Pushing Prescriptions

Published — April 6, 2006 Updated — May 19, 2014 at 12:19 pm ET

Deep pockets contribute to success

Industry spends millions on state campaign donations, Calif. fight

Introduction

The pharmaceutical industry, which mounted a huge lobbying campaign to thwart attempts by states to reduce drug prices, also has spent tens of millions of dollars on campaign contributions and fights over ballot initiatives, a Center for Public Integrity analysis of state campaign funds has found.

Drug company executives, employees and political action committees donated more than a combined $18 million to state political groups and candidates from 2001 to 2004, according to the Center’s analysis of data provided by the Montana-based Institute on Money in State Politics. And the industry spent more than four times that much last year for a lobbying campaign on competing California ballot initiatives.

The Center found that Republican groups and candidates received more than $11 million in campaign contributions — greater than 60 percent of the donations identified; Democrats received about $7 million.

Top group recipients of pharmaceutical industry money included the California Republican Party, which received more than $620,000; the Florida Republican Party (more than $610,000); the Senate Republican Campaign Committee of New York (more than $430,000); the New Jersey Republican Party (more than $350,000); the Democratic Assembly Campaign Committee of New York (more than $335,000); the New Jersey Democratic Party (more than $320,000) and the New York State Republican Party (more than $320,000).

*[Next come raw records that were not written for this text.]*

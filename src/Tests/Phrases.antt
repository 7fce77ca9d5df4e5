-- ===== src/Tests/Phrases.antt =====
-- The theorems on phrases and on encryption at concrete inputs.
use emerald_rs.Prelude.{
  ℕ, zero, suc, ◌*◌, ◌≡◌, ◌≢◌, refl, ap, List, [], ◌∷◌, ◌++◌, length, take, drop, replicate,
  length-replicate, some, ok, err, arith,
}
use emerald_rs.Prelude.Bytes.{be_value}
use emerald_rs.Mnemonic.{
  Mnemonic, english, MnemonicSize, size_of_entropy, words_count, full_bytes_length, checksum,
  checksum_bits, push_words, with_checksum, get_indexes, from_entropy,
}
use emerald_rs.Mnemonic.Size.{IsStandard, words12, words15, words18, words21, words24, size12}
use emerald_rs.Mnemonic.Checksum.{Encodes}
use emerald_rs.Mnemonic.Phrase.{IsDistinct, from_entropy_total, from_entropy_injective}
use emerald_rs.Structs.{
  PrivateKeyHolder, ethereum_pk, Aes128CtrCipher, Kdf, web3, aes128_ctr, wrong_key, pbkdf2,
  hmac_sha256,
}
use emerald_rs.Crypto.{
  decrypt, derive, derive_scrypt, create_with_salt, create_ethereum_raw, decrypt_holder,
  get_ethereum_address,
}
use emerald_rs.Crypto.RoundTrip.{
  sealed, encrypt_total, decrypt-encrypt, decrypt_holder-create_ethereum_raw, decrypt-forged,
}
use emerald_rs.Tests.Instances.{crates, crypto_lib, replicate-IsByte}

abbrev pub entropy : List ℕ
entropy = replicate 16 0

sealed_zero : Encodes (replicate 17 0) (full_bytes_length size12) 0
unfolding full_bytes_length be_value
sealed_zero = (refl, refl, replicate-IsByte 17)

from_entropy_total_example :
    (p : Mnemonic) × (from_entropy crates (replicate 2048 []) english entropy ≡ ok p)
    × (length p.words ≡ 3 * 4)
from_entropy_total_example =
    from_entropy_total crates (replicate 2048 []) english entropy
      (length-replicate {0} {A = List ℕ} 2048 []) words12 (replicate-IsByte 16) refl

abbrev short_entropy : List ℕ
short_entropy = replicate 5 0

not_five : (m : MnemonicSize) → IsStandard m → length short_entropy ≢ 4 * m.checksum_length
not_five _ words12 = λ h. omega arith
not_five _ words15 = λ h. omega arith
not_five _ words18 = λ h. omega arith
not_five _ words21 = λ h. omega arith
not_five _ words24 = λ h. omega arith

abbrev pub one_word : List (List ℕ)
one_word = (97 ∷ []) ∷ []

one_word-IsDistinct : IsDistinct one_word
one_word-IsDistinct zero zero w p q = refl
one_word-IsDistinct zero (suc j) w p q = cc
one_word-IsDistinct (suc i) zero w p q = cc
one_word-IsDistinct (suc i) (suc j) w p q = cc

abbrev pub phrase : Mnemonic
phrase = record { language = english; words = replicate 12 (97 ∷ []) }

pub phrase_found : from_entropy crates one_word english entropy ≡ ok phrase
unfolding from_entropy size_of_entropy checksum get_indexes with_checksum be_value checksum_bits
    full_bytes_length words_count push_words
phrase_found = refl

from_entropy_injective_example : entropy ≡ entropy
from_entropy_injective_example =
    from_entropy_injective crates one_word english entropy entropy phrase one_word-IsDistinct
      (replicate-IsByte 16) (replicate-IsByte 16) phrase_found phrase_found

abbrev pub message : List ℕ
message = replicate 32 7

abbrev pub salt : List ℕ
salt = replicate 32 1

abbrev pub iv : List ℕ
iv = replicate 16 2

abbrev pub derived : List ℕ
derived = replicate 32 0

pub key_derived : derive_scrypt crypto_lib (create_with_salt salt) "testtest" ≡ ok derived
unfolding derive_scrypt create_with_salt
key_derived = refl

decrypt-encrypt_example :
    decrypt crypto_lib (sealed crypto_lib message salt iv derived) "testtest" ≡ ok message
decrypt-encrypt_example =
    decrypt-encrypt crypto_lib message "testtest" (some salt) (some iv)
      (sealed crypto_lib message salt iv derived)
      (encrypt_total crypto_lib message "testtest" salt iv derived refl key_derived refl)

abbrev pub holder : PrivateKeyHolder
holder = record {
  id = 4;
  pk = ethereum_pk (record {
    address = some (take 20 message);
    key = sealed crypto_lib message salt iv derived;
  });
  created_at = 9;
}

pub holder_made :
    create_ethereum_raw crypto_lib message "testtest" (some salt) (some iv) 4 9 ≡ ok holder
unfolding create_ethereum_raw
holder_made =
    rw (encrypt_total crypto_lib message "testtest" salt iv derived refl key_derived refl) refl

decrypt_holder-create_ethereum_raw_example :
    (decrypt_holder crypto_lib holder "testtest" ≡ ok message)
    × (get_ethereum_address holder ≡ some (take 20 message))
    × (length message ≡ 32)
decrypt_holder-create_ethereum_raw_example =
    decrypt_holder-create_ethereum_raw crypto_lib message "testtest" (some salt) (some iv) 4 9
      holder holder_made

abbrev kdf : Kdf
kdf = pbkdf2 (record { dklen = 32; c = 262144; salt = salt; prf = hmac_sha256 })

abbrev cipher : List ℕ → Aes128CtrCipher
cipher mac = record { encrypted = message; iv = iv; mac = web3 mac }

pbkdf2_derived : derive crypto_lib kdf "testtest" ≡ ok derived
unfolding derive
pbkdf2_derived = refl

forged : drop 16 derived ++ message ≢ message
forged e = cc (ap length e)

decrypt-forged_example :
    decrypt crypto_lib (record { cipher = aes128_ctr (cipher message); kdf = kdf }) "testtest"
    ≡ err wrong_key
decrypt-forged_example =
    decrypt-forged crypto_lib (cipher message) message kdf "testtest" derived refl pbkdf2_derived
      refl refl forged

Gubernatorial candidates were among the largest individual recipients of campaign money from the industry. Democrat Gray Davis, California’s former governor, was the top individual recipient identified with at least $570,000. More than $100,000 apiece also was given to his successor Arnold Schwarzenegger and fellow Republicans Gov. Rick Perry of Texas and Mark Earley, the party’s 2001 candidate in Virginia.

Pharmaceutical companies also spent significant amounts themselves on campaign donations to state candidates who took favored positions on issues important to the industry. Pfizer contributed more than $3 million to candidates for state office over the period; Eli Lilly and GlaxoSmithKline each gave more than $2.2 million.

Those amounts, while substantial, pale in comparison to the $83 million marshaled by the pharmaceutical industry to lobby on the California health care and drug discount referendum issue in 2005.

Several labor unions and consumer groups backed Proposition 79, a measure that would have required companies to give huge drug discounts to uninsured residents under a proposed program in order to also be allowed to contract with Medi-Cal, the state’s Medicaid program. Refusing would mean losing out on a share of Medi-Cal’s $4 billion annual prescription drug budget.

The industry vigorously opposed that measure and supported Proposition 78, which called for voluntary discounts from drug companies. Prop. 78 also was endorsed by the governor, Schwarzenegger.

Disclosure records filed with the California Secretary of State revealed that the ballot measure committee “California Initiative Fund — Yes on Proposition 78 and No on Proposition 79” run by trade group Pharmaceutical Research and Manufacturers of America collected $80 million in 2005. About $52 million of it was spent on television ads.

Pfizer, Johnson and Johnson, Merck, and GlaxoSmithKline each contributed $9.84 million to the fund. Eight other firms — Abbott Laboratories, Amgen, AstraZeneca, Aventis, Bristol-Myers Squibb, Eli Lilly, Novartis and Wyeth — chipped in $4.55 million apiece.

The $83-million California effort eclipsed the drug industry’s usual federal campaign spending. As the Center stated in its July 2005 report “Drug Lobby Second to None,” industry contributions to federal candidates from 1997 through 2004 totaled only about a combined $87 million.

The industry’s big spending dwarfed that of the opposition. The “Yes on 79” ballot-measure committee reported receiving and spending slightly more than $800,000 in 2005. Including the expense of the campaign to get the initiative on the ballot, the pro-Prop. 79 coalition spent a grand total of almost $2 million, according to spokesman Michael McCauley of Consumers Union, which was part of the group.

In the end, both initiatives were voted down at the polls — an outcome the industry had considered its best-case scenario. The passage of Prop. 79 would have had serious long-term consequences for pharmaceutical companies because of the money forfeited through discounts and, more importantly, because of the precedent-setting implications.

“California is often a bellwether state,” said McCauley. “It likely would have encouraged other states to enact similar programs.”

McCauley blamed the industry-backed measure for the defeat of the initiative his group supported.

“[Proposition 78] was part of the strategy to confuse the voters. [The drug interests] recognized that they had to offer an alternative. But it also helped foster confusion among voters.”

Victoria Kreha contributed to this story.